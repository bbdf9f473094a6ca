-- ===== src/Topic/Configs.antt =====
-- internal/provider/resource_kafka_topic.go: the settings of a topic, as the list of a map's entries, and
-- the request that changes them. A loop over a map is one over that list.
use terraform_provider_confl.Base.{
  Bool, false, not, ◌||◌, Option, none, some, List, [], ◌∷◌, ◌++◌, String, str_eq, one_of,
  if◌then◌else◌,
}

abbrev pub TopicConfigs : Type 0
TopicConfigs = List (String × String)

-- `value, ok := configs[name]`
unfoldable pub config_of : String → TopicConfigs → Option String
config_of name [] = none
config_of name ((n, v) ∷ configs) =
    let rest = config_of name configs in if str_eq n name then some v else rest

abbrev pub editable_topic_settings : List String
editable_topic_settings =
    "cleanup.policy" ∷ "delete.retention.ms" ∷ "max.message.bytes" ∷ "max.compaction.lag.ms"
    ∷ "message.timestamp.difference.max.ms" ∷ "message.timestamp.before.max.ms"
    ∷ "message.timestamp.after.max.ms" ∷ "message.timestamp.type" ∷ "min.compaction.lag.ms"
    ∷ "min.insync.replicas" ∷ "retention.bytes" ∷ "retention.ms" ∷ "segment.bytes" ∷ "segment.ms"
    ∷ "confluent.key.schema.validation" ∷ "confluent.value.schema.validation"
    ∷ "confluent.key.subject.name.strategy" ∷ "confluent.value.subject.name.strategy"
    ∷ "confluent.schema.validation.context.name" ∷ []

abbrev pub ignored_topic_settings : List String
ignored_topic_settings = "confluent.topic.type" ∷ []

-- `AlterConfigBatchRequestDataData`: the DELETE operation, or a value.
pub data ConfigEdit : Type 0 where
  reset : (name : String) → ConfigEdit
  put : (name value : String) → ConfigEdit

-- A batch, or the setting that cannot be changed.
pub data ConfigBatch : Type 0 where
  batch : List ConfigEdit → ConfigBatch
  read_only : (name : String) → ConfigBatch

-- An edit in front of a batch, if its setting is editable.
abbrev pub edit_first : (name : String) → ConfigEdit → ConfigBatch → ConfigBatch
edit_first name edit (batch edits) =
    if one_of name editable_topic_settings then batch (edit ∷ edits) else read_only name
edit_first name edit (read_only other) =
    if one_of name editable_topic_settings then read_only other else read_only name

-- Operation #3: the settings that are removed.
unfoldable pub removed_configs : TopicConfigs → TopicConfigs → ConfigBatch
unfolding config_of
removed_configs new_configs [] = batch []
removed_configs new_configs ((name, value) ∷ old_configs) =
    let rest = removed_configs new_configs old_configs in
    elim (config_of name new_configs) [ some v ↦ rest | none ↦ edit_first name (reset name) rest ]

-- `ok && oldTopicSettingValue == newTopicSettingValue`
abbrev pub is_value : Option String → String → Bool
is_value none value = false
is_value (some v) value = str_eq v value

-- Operations #1 and #2: the settings that are added or updated.
unfoldable pub updated_configs : TopicConfigs → TopicConfigs → ConfigBatch
unfolding config_of
updated_configs old_configs [] = batch []
updated_configs old_configs ((name, value) ∷ new_configs) =
    let rest = updated_configs old_configs new_configs in
    if not (is_value (config_of name old_configs) value)
    then edit_first name (put name value) rest
    else rest

abbrev pub both_batches : ConfigBatch → ConfigBatch → ConfigBatch
both_batches (read_only name) b = read_only name
both_batches (batch edits) (read_only name) = read_only name
both_batches (batch edits) (batch others) = batch (edits ++ others)

unfoldable pub config_update_batch : (old_configs new_configs : TopicConfigs) → ConfigBatch
unfolding removed_configs updated_configs
config_update_batch old_configs new_configs =
    both_batches (removed_configs new_configs old_configs) (updated_configs old_configs new_configs)

-- The settings whose value after an update is not the one that was sent.
unfoldable pub outdated_configs : (actual_configs : TopicConfigs) → List ConfigEdit → List String
unfolding config_of
outdated_configs actual_configs [] = []
outdated_configs actual_configs (reset name ∷ edits) = outdated_configs actual_configs edits
outdated_configs actual_configs (put name value ∷ edits) =
    let rest = outdated_configs actual_configs edits in
    elim (config_of name actual_configs) [
      | none ↦ rest
      | some v ↦ if not (str_eq v value) then name ∷ rest else rest
    ]

-- A setting that the API lists once, with its source; its value may be unset, and is not nil if it is set.
pub record RemoteConfig : Type 0 where
  pub name : String
  pub source : String
  pub value : Option String

-- `loadTopicConfigs`: the settings that were set, but for internal ones.
unfoldable pub set_configs : List RemoteConfig → TopicConfigs
set_configs [] = []
set_configs (r ∷ configs) =
    let rest = set_configs configs in
    if one_of r.name ignored_topic_settings || not (str_eq r.source "DYNAMIC_TOPIC_CONFIG")
    then rest
    else elim r.value [ none ↦ rest | some value ↦ (r.name, value) ∷ rest ]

#####

Task item: Scan the listing above for the word "timestamp" and copy every line that holds it.

Solution to this exercise:
    ∷ "message.timestamp.difference.max.ms" ∷ "message.timestamp.before.max.ms"
    ∷ "message.timestamp.after.max.ms" ∷ "message.timestamp.type" ∷ "min.compaction.lag.ms"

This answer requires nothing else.